В данной системе теряется возможность экспериментировать молодым, - тем счастливым нищим, которые могут стать новаторами сцены, будущими Мейерхольдами, Таировыми, Брехтами, Маяковскими…
Будут спонсоры и меценаты, будут и возможности для экспериментов. Сегодня при миллионе рублей на год я не имею права на провал. На большой сцене очень страшно рисковать, страшно платить гонорары молодому режиссеру, художнику или драматургу. Для их реализации должны существовать небольшие театры-студии. У меня была привязанность к одному молодому режиссеру, которому я дал возможность себя реализовать трижды! И я проиграл. Хорошо, что есть и другой пример. Александр Морфов, которого я увидел в Македонии и Болгарии, и в него, неизвестного до той поры России режиссера, поверил и рискнул деньгами. Деньгами государственными. Сегодня он – главный приглашенный режиссер, и его две постановки на нашей сцене - «Буря» и «Дон Жуан» - оказались успешными. Риск должен быть оправдан. Все разговоры о смерти репертуарного театра специально заостряются. С театром, как таковым, ничего не случится. Вопрос в количестве театров. Сколько этих репертуарных театров должно быть? Ведь рядом с ними обязательно будут жить другие типы театра. А государство должно определить, сколько оно выдержит таких достояний республики. Ясно, что в провинции, где он один, вопрос о существовании не стоит. Такой театр будет всегда, как футбольная команда. Где свыше десятка, там бюджет города может не выдержать. Но как определить приоритеты, если театров более ста? Думаю, никакой экспертный институт тут не поможет.

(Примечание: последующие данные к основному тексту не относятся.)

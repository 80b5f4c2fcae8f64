-- ===== src/Shadow/Polls.antt =====
-- The loops of `reconcile` keep the accounts.
use gs_flowgraphs.Base.{
  ℕ, suc, ◌+◌, ◌-◌, ◌≤◌, Bool, true, false, some, List, [], ◌∷◌, arith, inl, inr,
}
use gs_flowgraphs.Base.{
  Option-cases, leb, length, if◌then◌else◌, length-append, All-append, Bool-cases,
}
use gs_flowgraphs.Shadow.{
  finalized_error, Source, primary, reference, opposite, Pending, ShadowReconciler, Reply, emitted,
  capacity_error, finalized_error, Observed, emits, suppressed, over_capacity, without_match,
  unmatched, judged, observe, observe_all, go_on, put_first, joined_reply, and_then, counted,
  reconcile,
}
use gs_flowgraphs.Shadow.Accounts.{
  IsAccounted, Removed, expire_before-IsAccounted, waiting-append, without_match-Removed,
}

module _ {T K : Type 0} (key : T → K) (same : K → K → Bool) where
  -- The accounts with one more item of a source to look at.
  abbrev IsBefore : Source → ℕ → ℕ → ShadowReconciler T K → Type 0
  IsBefore primary a b s = IsAccounted (suc a) b s
  IsBefore reference a b s = IsAccounted a (suc b) s

  abbrev Keeps : ℕ → ℕ → ShadowReconciler T K × Observed → Type 0
  Keeps a b (s, over_capacity) = Unit
  Keeps a b (s, emits) = IsAccounted a b s
  Keeps a b (s, suppressed) = IsAccounted a b s

  matched-Keeps :
      (source : Source) (a b : ℕ) (item : T) (s : ShadowReconciler T K) (rest : List (Pending T K))
      → IsBefore source a b s
      → Removed (opposite source) s.generation s.pending rest
      → Keeps a b (judged key same source item s (some rest))
  unfolding judged
  matched-Keeps primary a b item s rest h r = record {
    of_primary = omega (arith, h.of_primary, r.others);
    of_reference = omega (arith, h.of_reference, r.one);
    of_emitted = omega (arith, h.of_emitted);
    of_pairs = omega (arith, h.of_pairs);
    bounded = omega (arith, h.bounded, r.shorter);
    recent = r.recent h.recent;
  }
  matched-Keeps reference a b item s rest h r = record {
    of_primary = omega (arith, h.of_primary, r.one);
    of_reference = omega (arith, h.of_reference, r.others);
    of_emitted = omega (arith, h.of_emitted);
    of_pairs = omega (arith, h.of_pairs);
    bounded = omega (arith, h.bounded, r.shorter);
    recent = r.recent h.recent;
  }

  unmatched-Keeps :
      (source : Source) (a b : ℕ) (item : T) (s : ShadowReconciler T K)
      → IsBefore source a b s
      → Keeps a b (unmatched key same source item s)
  unfolding unmatched
  unmatched-Keeps primary a b item s h =
      let p : Pending T K = record {
        source = primary;
        key = key item;
        generation = s.generation;
        item = item;
      } in
      elim (Bool-cases (leb s.max_pending (length s.pending))) [
        | inl full ↦ rw full tt
        | inr room ↦ rw room (record {
          of_primary = omega (arith, h.of_primary, waiting-append primary s.pending (p ∷ []));
          of_reference = omega (arith, h.of_reference, waiting-append reference s.pending (p ∷ []));
          of_emitted = omega (arith, h.of_emitted);
          of_pairs = h.of_pairs;
          bounded = ground (arith, length-append s.pending (p ∷ []));
          recent =
              All-append (λ q. q.generation ≤ s.generation) s.pending (p ∷ []) h.recent
                (omega arith, tt);
        })
      ]
  unmatched-Keeps reference a b item s h =
      let p : Pending T K = record {
        source = reference;
        key = key item;
        generation = s.generation;
        item = item;
      } in
      elim (Bool-cases (leb s.max_pending (length s.pending))) [
        | inl full ↦ rw full tt
        | inr room ↦ rw room (record {
          of_primary = omega (arith, h.of_primary, waiting-append primary s.pending (p ∷ []));
          of_reference = omega (arith, h.of_reference, waiting-append reference s.pending (p ∷ []));
          of_emitted = omega (arith, h.of_emitted);
          of_pairs = h.of_pairs;
          bounded = ground (arith, length-append s.pending (p ∷ []));
          recent =
              All-append (λ q. q.generation ≤ s.generation) s.pending (p ∷ []) h.recent
                (omega arith, tt);
        })
      ]

  observe-Keeps :
      (source : Source) (a b : ℕ) (item : T) (s : ShadowReconciler T K)
      → IsBefore source a b s
      → Keeps a b (observe key same source item s)
  unfolding observe judged
  observe-Keeps source a b item s h =
      elim (Option-cases (without_match key same (opposite source) (key item) s.pending)) [
        | inl nothing ↦ rw nothing (unmatched-Keeps source a b item s h)
        | inr (rest, found) ↦ rw found (
            matched-Keeps source a b item s rest h (
              without_match-Removed key same (opposite source) (key item) s.generation s.pending
                rest found))
      ]

  -- What a loop leaves: the accounts, unless it raised.
  abbrev pub Leaves : ℕ → ℕ → ShadowReconciler T K × Reply T → Type 0
  Leaves a b (s, emitted items) = IsAccounted a b s
  Leaves a b (s, capacity_error) = Unit
  Leaves a b (s, finalized_error) = Unit

  go_on-Leaves :
      (a b a' b' : ℕ) (item : T) (o : ShadowReconciler T K × Observed)
      (next : ShadowReconciler T K → ShadowReconciler T K × Reply T)
      → ((s : ShadowReconciler T K) → IsAccounted a b s → Leaves a' b' (next s))
      → Keeps a b o
      → Leaves a' b' (go_on item o next)
  unfolding go_on put_first
  go_on-Leaves a b a' b' item (s, suppressed) next follow h = follow s h
  go_on-Leaves a b a' b' item (s, over_capacity) next follow h = tt
  go_on-Leaves a b a' b' item (s, emits) next follow h = put (next s) (follow s h)
    where
      put :
          (r : ShadowReconciler T K × Reply T)
          → Leaves a' b' r
          → Leaves a' b' (r.0, put_first item r.1)
      put (s', emitted items) k = k
      put (s', capacity_error) k = tt
      put (s', finalized_error) k = tt

  observe_primaries :
      (items : List T) (b : ℕ) (s : ShadowReconciler T K)
      → IsAccounted (length items) b s
      → Leaves 0 b (observe_all key same primary items s)
  unfolding observe_all
  observe_primaries [] b s h = h
  observe_primaries (item ∷ items) b s h =
      go_on-Leaves (length items) b 0 b item (observe key same primary item s)
        (observe_all key same primary items) (observe_primaries items b)
        (observe-Keeps primary (length items) b item s h)

  observe_references :
      (items : List T) (s : ShadowReconciler T K)
      → IsAccounted 0 (length items) s
      → Leaves 0 0 (observe_all key same reference items s)
  unfolding observe_all
  observe_references [] s h = h
  observe_references (item ∷ items) s h =
      go_on-Leaves 0 (length items) 0 0 item (observe key same reference item s)
        (observe_all key same reference items) (observe_references items)
        (observe-Keeps reference 0 (length items) item s h)

  joined_reply-Leaves :
      (a b : ℕ) (items : List T) (r : ShadowReconciler T K × Reply T)
      → Leaves a b r
      → Leaves a b (r.0, joined_reply items r.1)
  unfolding joined_reply
  joined_reply-Leaves a b items (s, emitted _) h = h
  joined_reply-Leaves a b items (s, capacity_error) h = tt
  joined_reply-Leaves a b items (s, finalized_error) h = tt

  and_then-Leaves :
      (a b : ℕ) (r : ShadowReconciler T K × Reply T)
      (next : ShadowReconciler T K → ShadowReconciler T K × Reply T)
      → ((s : ShadowReconciler T K) → IsAccounted a b s → Leaves 0 0 (next s))
      → Leaves a b r
      → Leaves 0 0 (and_then r next)
  unfolding and_then
  and_then-Leaves a b (s, emitted items) next follow h =
      joined_reply-Leaves 0 0 items (next s) (follow s h)
  and_then-Leaves a b (s, capacity_error) next follow h = tt
  and_then-Leaves a b (s, finalized_error) next follow h = tt

  counted-IsAccounted :
      (s : ShadowReconciler T K) (a b : ℕ) → IsAccounted 0 0 s → IsAccounted a b (counted s a b)
  unfolding counted
  counted-IsAccounted s a b h =
      let aged = expire_before-IsAccounted 0 0 (s.generation + 1 - s.max_lag) s h in
      record {
        of_primary = omega (arith, aged.of_primary);
        of_reference = omega (arith, aged.of_reference);
        of_emitted = omega (arith, aged.of_emitted);
        of_pairs = aged.of_pairs;
        bounded = aged.bounded;
        recent = aged.recent;
      }

  unless_ended :
      (ended : Bool) (s : ShadowReconciler T K) (r : ShadowReconciler T K × Reply T)
      → Leaves 0 0 r
      → Leaves 0 0 (if ended then (s, finalized_error) else r)
  unless_ended true s r h = tt
  unless_ended false s r h = h

  -- A poll that raises nothing keeps the accounts.
  reconcile-Leaves :
      (s : ShadowReconciler T K) (primaries references : List T)
      → IsAccounted 0 0 s
      → Leaves 0 0 (reconcile key same s primaries references)
  unfolding reconcile
  reconcile-Leaves s primaries references h = unless_ended s.finalized s _ (
      and_then-Leaves 0 (length references) _ (observe_all key same reference references)
        (observe_references references)
        (observe_primaries primaries (length references) _
          (counted-IsAccounted s (length primaries) (length references) h)))

  -- One poll after the other, until one raises.
  abbrev pub polled : List (List T × List T) → ShadowReconciler T K → ShadowReconciler T K × Reply T
  polled [] s = (s, emitted [])
  polled ((primaries, references) ∷ polls) s =
      and_then (reconcile key same s primaries references) (polled polls)

  pub polled-Leaves :
      (polls : List (List T × List T)) (s : ShadowReconciler T K)
      → IsAccounted 0 0 s
      → Leaves 0 0 (polled polls s)
  polled-Leaves [] s h = h
  polled-Leaves ((primaries, references) ∷ polls) s h =
      and_then-Leaves 0 0 (reconcile key same s primaries references) (polled polls)
        (polled-Leaves polls) (reconcile-Leaves s primaries references h)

Т.е. репертуарные театры будут вроде заповедников?
После революции для сохранения культурного генофонда отдельным товарищам выделялись пособия. В голод их подкармливали. Даже в блокаду, чтобы кого-то подкормить, в Астории, была особая столовая. Вот они выберут пять театров – как сегодня выбрали Большой, Мариинский, Филармонию – и объявят их национальным достоянием. В Петербурге - Александринский, БДТ, сыгравший огромную роль в нравственном становлении общества. Проблемы будут у встроенных театров типа Комедии (Елисеевский магазин), Театра им. В. Ф. Комиссаржевской (Пассаж), им. Ленсовета.
Вы, как художественный руководитель академического драматического театра, готовы к реформе?

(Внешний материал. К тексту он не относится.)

-- ===== src/Shadow/Life.antt =====
-- How many frames the polls of native_framing/shadow_runtime.py count and return.
use gs_flowgraphs.Base.{
  ℕ, ◌+◌, ◌≡◌, refl, sym, ◌∙◌, subst, Bool, true, false, List, [], ◌∷◌, arith, inl, inr,
}
use gs_flowgraphs.Base.{leb, length, length-append, Bool-cases, Option-cases, if◌then◌else◌}
use gs_flowgraphs.Shadow.{
  Source, primary, reference, opposite, ShadowReconciler, Reply, emitted, capacity_error,
  finalized_error, Observed, emits, suppressed, over_capacity, without_match, unmatched, judged,
  observe, observe_all, go_on, put_first, joined_reply, and_then, counted, expire_before, reconcile,
}
use gs_flowgraphs.Shadow.Polls.{polled}

module _ {T K : Type 0} where
  -- From one state to a later one: frames counted, frames given, and nothing ended.
  pub record Moves (s : ShadowReconciler T K) (p q n : ℕ) (s' : ShadowReconciler T K) : Type 0 where
    pub primaries : s'.primary_frames ≡ s.primary_frames + p
    pub references : s'.reference_frames ≡ s.reference_frames + q
    pub given : s'.emitted_frames ≡ s.emitted_frames + n
    pub still : s'.finalized ≡ s.finalized
    pub room : s'.max_pending ≡ s.max_pending

  abbrev pub Gives : ShadowReconciler T K → ℕ → ℕ → ShadowReconciler T K × Reply T → Type 0
  Gives s p q (s', emitted items) = Moves s p q (length items) s'
  Gives s p q (s', capacity_error) = Unit
  Gives s p q (s', finalized_error) = Unit

  Moves-trans :
      (s t u : ShadowReconciler T K) (p q n p' q' n' : ℕ)
      → Moves s p q n t
      → Moves t p' q' n' u
      → Moves s (p + p') (q + q') (n + n') u
  Moves-trans s t u p q n p' q' n' g h = record {
    primaries = omega (arith, g.primaries, h.primaries);
    references = omega (arith, g.references, h.references);
    given = omega (arith, g.given, h.given);
    still = h.still ∙ g.still;
    room = h.room ∙ g.room;
  }

  Moves-eq :
      (s t : ShadowReconciler T K) (p q n p' q' n' : ℕ)
      → Moves s p q n t
      → p ≡ p'
      → q ≡ q'
      → n ≡ n'
      → Moves s p' q' n' t
  Moves-eq s t p q n p' q' n' g e f k = record {
    primaries = omega (arith, g.primaries);
    references = omega (arith, g.references);
    given = omega (arith, g.given);
    still = g.still;
    room = g.room;
  }

  and_then-Gives :
      (s : ShadowReconciler T K) (p q p' q' : ℕ) (r : ShadowReconciler T K × Reply T)
      (next : ShadowReconciler T K → ShadowReconciler T K × Reply T)
      → ((t : ShadowReconciler T K) → Gives t p' q' (next t))
      → Gives s p q r
      → Gives s (p + p') (q + q') (and_then r next)
  unfolding and_then joined_reply
  and_then-Gives s p q p' q' (t, emitted items) next follow h = put (next t) (follow t)
    where
      put :
          (r : ShadowReconciler T K × Reply T)
          → Gives t p' q' r
          → Gives s (p + p') (q + q') (r.0, joined_reply items r.1)
      put (u, emitted more) g =
          subst (λ n. Moves s (p + p') (q + q') n u) (sym (length-append items more))
            (Moves-trans s t u p q (length items) p' q' (length more) h g)
      put (u, capacity_error) g = tt
      put (u, finalized_error) g = tt
  and_then-Gives s p q p' q' (t, capacity_error) next follow h = tt
  and_then-Gives s p q p' q' (t, finalized_error) next follow h = tt

  module _ (key : T → K) (same : K → K → Bool) where
    abbrev Steps : ShadowReconciler T K → ShadowReconciler T K × Observed → Type 0
    Steps s (s', over_capacity) = Unit
    Steps s (s', emits) = Moves s 0 0 1 s'
    Steps s (s', suppressed) = Moves s 0 0 0 s'

    observe-Steps :
        (source : Source) (item : T) (s : ShadowReconciler T K)
        → Steps s (observe key same source item s)
    unfolding observe judged unmatched
    observe-Steps source item s =
        elim (Option-cases (without_match key same (opposite source) (key item) s.pending)) [
          | inl nothing ↦ rw nothing (elim (Bool-cases (leb s.max_pending (length s.pending))) [
            | inl full ↦ rw full tt
            | inr there ↦ rw there (record {
              primaries = omega arith;
              references = omega arith;
              given = omega arith;
              still = refl;
              room = refl;
            })
          ])
          | inr (rest, found) ↦ rw found (record {
            primaries = omega arith;
            references = omega arith;
            given = omega arith;
            still = refl;
            room = refl;
          })
        ]

    go_on-Gives :
        (s : ShadowReconciler T K) (item : T) (o : ShadowReconciler T K × Observed)
        (next : ShadowReconciler T K → ShadowReconciler T K × Reply T)
        → ((t : ShadowReconciler T K) → Gives t 0 0 (next t))
        → Steps s o
        → Gives s 0 0 (go_on item o next)
    unfolding go_on put_first
    go_on-Gives s item (t, suppressed) next follow h = put (next t) (follow t)
      where
        put : (r : ShadowReconciler T K × Reply T) → Gives t 0 0 r → Gives s 0 0 r
        put (u, emitted more) g =
            Moves-eq s u _ _ _ _ _ _ (Moves-trans s t u 0 0 0 0 0 (length more) h g) (omega arith)
              (omega arith) (omega arith)
        put (u, capacity_error) g = tt
        put (u, finalized_error) g = tt
    go_on-Gives s item (t, over_capacity) next follow h = tt
    go_on-Gives s item (t, emits) next follow h = put (next t) (follow t)
      where
        put :
            (r : ShadowReconciler T K × Reply T)
            → Gives t 0 0 r
            → Gives s 0 0 (r.0, put_first item r.1)
        put (u, emitted more) g =
            Moves-eq s u _ _ _ _ _ _ (Moves-trans s t u 0 0 1 0 0 (length more) h g) (omega arith)
              (omega arith) (omega arith)
        put (u, capacity_error) g = tt
        put (u, finalized_error) g = tt

    observe_all-Gives :
        (source : Source) (items : List T) (s : ShadowReconciler T K)
        → Gives s 0 0 (observe_all key same source items s)
    unfolding observe_all
    observe_all-Gives source [] s = record {
      primaries = omega arith;
      references = omega arith;
      given = omega arith;
      still = refl;
      room = refl;
    }
    observe_all-Gives source (item ∷ items) s =
        go_on-Gives s item (observe key same source item s) (observe_all key same source items)
          (observe_all-Gives source items) (observe-Steps source item s)

    counted-Moves : (s : ShadowReconciler T K) (p q : ℕ) → Moves s p q 0 (counted s p q)
    unfolding counted expire_before
    counted-Moves s p q = record {
      primaries = omega arith;
      references = omega arith;
      given = omega arith;
      still = refl;
      room = refl;
    }

    reconcile-Gives :
        (s : ShadowReconciler T K) (primaries references : List T)
        → Gives s (length primaries) (length references) (reconcile key same s primaries references)
    unfolding reconcile
    reconcile-Gives s primaries references = unless s.finalized
      where
        p : ℕ
        p = length primaries

        q : ℕ
        q = length references

        put : (r : ShadowReconciler T K × Reply T) → Gives (counted s p q) 0 0 r → Gives s p q r
        put (u, emitted more) g =
            Moves-eq s u _ _ _ _ _ _
              (Moves-trans s (counted s p q) u p q 0 0 0 (length more) (counted-Moves s p q) g)
              (omega arith) (omega arith) (omega arith)
        put (u, capacity_error) g = tt
        put (u, finalized_error) g = tt

        both : ShadowReconciler T K × Reply T
        both =
            and_then (observe_all key same primary primaries (counted s p q))
              (observe_all key same reference references)

        unless : (ended : Bool) → Gives s p q (if ended then (s, finalized_error) else both)
        unless true = tt
        unless false = put both (
            and_then-Gives (counted s p q) 0 0 0 0 _ (observe_all key same reference references)
              (observe_all-Gives reference references)
              (observe_all-Gives primary primaries (counted s p q)))

    -- How many frames some polls give of one engine.
    abbrev pub primaries_of : List (List T × List T) → ℕ
    primaries_of [] = 0
    primaries_of ((primaries, references) ∷ polls) = length primaries + primaries_of polls

    abbrev pub references_of : List (List T × List T) → ℕ
    references_of [] = 0
    references_of ((primaries, references) ∷ polls) = length references + references_of polls

    pub polled-Gives :
        (polls : List (List T × List T)) (s : ShadowReconciler T K)
        → Gives s (primaries_of polls) (references_of polls) (polled key same polls s)
    polled-Gives [] s = record {
      primaries = omega arith;
      references = omega arith;
      given = omega arith;
      still = refl;
      room = refl;
    }
    polled-Gives ((primaries, references) ∷ polls) s =
        and_then-Gives s (length primaries) (length references) (primaries_of polls)
          (references_of polls) (reconcile key same s primaries references) (polled key same polls)
          (polled-Gives polls) (reconcile-Gives s primaries references)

Я готов к реформе, не знаю, правда, какой. Потому что еще ничего не решено. При условии социальной защиты людей и дееспособном механизме формирования труппы я бы перевел театр на контрактную систему. Если государство выделит мне общую сумму, я сам придумаю, как нам жить. И тогда требуйте от меня полный зрительный зал.

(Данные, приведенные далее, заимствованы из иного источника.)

-- ===== src/Shadow/History.antt =====
-- What native_framing/shadow_runtime.py does with the frames of two engines between two states: the
-- frames it returns, and the pairs that it finds.
use gs_flowgraphs.Base.{
  ℕ, suc, ◌+◌, ◌≤◌, ◌≡◌, refl, sym, ap, ap₂, ◌∙◌, subst, Bool, true, List, [], ◌∷◌, ◌++◌, map,
  arith, if◌then◌else◌, length, length-append, All, All-append,
}
use mathlib.Core.List.{map-append}
use gs_flowgraphs.Shadow.{Source, opposite, Pending, ShadowReconciler}

module _ {ℓ} {A : Type ℓ} where
  abbrev pub count : (A → Bool) → List A → ℕ
  count test [] = 0
  count test (x ∷ xs) = let rest = count test xs in if test x then suc rest else rest

  pub count-append :
      (test : A → Bool) (xs ys : List A) → count test (xs ++ ys) ≡ count test xs + count test ys
  count-append test [] ys = omega arith
  count-append test (x ∷ xs) ys = ground (arith, count-append test xs ys)

  -- A list is two others in one order, each in its own.
  pub data Merge : List A → List A → List A → Type ℓ where
    merged : Merge [] [] []
    left_next : (x : A) {xs ys zs : List A} → Merge xs ys zs → Merge (x ∷ xs) ys (x ∷ zs)
    right_next : (y : A) {xs ys zs : List A} → Merge xs ys zs → Merge xs (y ∷ ys) (y ∷ zs)

  pub Merge-append :
      {xs ys zs xs' ys' zs' : List A}
      → Merge xs ys zs
      → Merge xs' ys' zs'
      → Merge (xs ++ xs') (ys ++ ys') (zs ++ zs')
  Merge-append merged n = n
  Merge-append (left_next x m) n = left_next x (Merge-append m n)
  Merge-append (right_next y m) n = right_next y (Merge-append m n)

module _ {T K : Type 0} (key : T → K) (same : K → K → Bool) where
  -- A frame that waits, with the engine that gave it.
  abbrev pub waits : List (Pending T K) → List (Source × T)
  waits ps = map (λ p. (p.source, p.item)) ps

  abbrev pub AreKeyed : List (Pending T K) → Type 0
  AreKeyed ps = All (λ p. p.key ≡ key p.item) ps

  abbrev pub returned_frames : List ((Source × T) × (Source × T)) → List (Source × T)
  returned_frames pairs = map (λ p. p.0) pairs

  abbrev pub suppressed_frames : List ((Source × T) × (Source × T)) → List (Source × T)
  suppressed_frames pairs = map (λ p. p.1) pairs

  -- Two frames with one key, from the two engines.
  abbrev pub IsPair : (Source × T) × (Source × T) → Type 0
  IsPair (first, second) =
      (first.0 ≡ opposite second.0) × (same (key first.1) (key second.1) ≡ true)

  -- From a state to a later one, over some frames: those returned and those suppressed, each with
  -- the frame that it repeats, which had been returned and waited.
  pub record Told (s : ShadowReconciler T K) (frames : List (Source × T))
      (s' : ShadowReconciler T K) (items : List T) : Type 0 where
    pub given : List (Source × T)
    pub pairs : List ((Source × T) × (Source × T))
    pub items_given : items ≡ map (λ f. f.1) given
    pub in_order : Merge given (suppressed_frames pairs) frames
    pub paired : All IsPair pairs
    pub matched : s'.matched_pairs ≡ s.matched_pairs + length pairs
    pub used_once :
        (test : Source × T → Bool)
        → count test (returned_frames pairs) + count test (waits s'.pending)
          ≤ count test given + count test (waits s.pending)
    pub keyed : AreKeyed s'.pending

  pub Told-trans :
      (s t u : ShadowReconciler T K) (frames more : List (Source × T)) (items later : List T)
      → Told s frames t items
      → Told t more u later
      → Told s (frames ++ more) u (items ++ later)
  Told-trans s t u frames more items later g h = record {
    given = g.given ++ h.given;
    pairs = g.pairs ++ h.pairs;
    items_given =
        ap₂ ◌++◌ g.items_given h.items_given ∙ sym (map-append (λ f. f.1) g.given h.given);
    in_order =
        subst (λ ys. Merge (g.given ++ h.given) ys (frames ++ more))
          (sym (map-append (λ p. p.1) g.pairs h.pairs)) (Merge-append g.in_order h.in_order);
    paired = All-append IsPair g.pairs h.pairs g.paired h.paired;
    matched = omega (arith, g.matched, h.matched, length-append g.pairs h.pairs);
    used_once = λ test. omega (
      arith,
      g.used_once test,
      h.used_once test,
      count-append test g.given h.given,
      count-append test (returned_frames g.pairs) (returned_frames h.pairs),
      ap (count test) (map-append (λ p. p.0) g.pairs h.pairs),
    );
    keyed = h.keyed;
  }

  -- A step that returns nothing, finds no pair and leaves at most the frames that waited.
  pub Told-none :
      (s t : ShadowReconciler T K)
      → t.matched_pairs ≡ s.matched_pairs
      → ((test : Source × T → Bool) → count test (waits t.pending) ≤ count test (waits s.pending))
      → AreKeyed t.pending
      → Told s [] t []
  Told-none s t m w k = record {
    given = [];
    pairs = [];
    items_given = refl;
    in_order = merged;
    paired = tt;
    matched = omega (arith, m);
    used_once = λ test. omega (arith, w test);
    keyed = k;
  }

Да, но театр может быть устроен как кафедра, а может показывать стриптиз и заполнять зал на все сто.
Это вопрос идеологии. Мы не можем игнорировать зрителя, не можем смотреть на него сверху вниз, но и опускаться ниже его уровня тоже недопустимо. Тут нужна золотая середина.
Меня, как личность, в детстве сформировал только один театр – БДТ Товстоногова. Какой сегодня театр формирует личности нынешнего молодого человека? О чем будет вспоминать ребенок, когда станет взрослым?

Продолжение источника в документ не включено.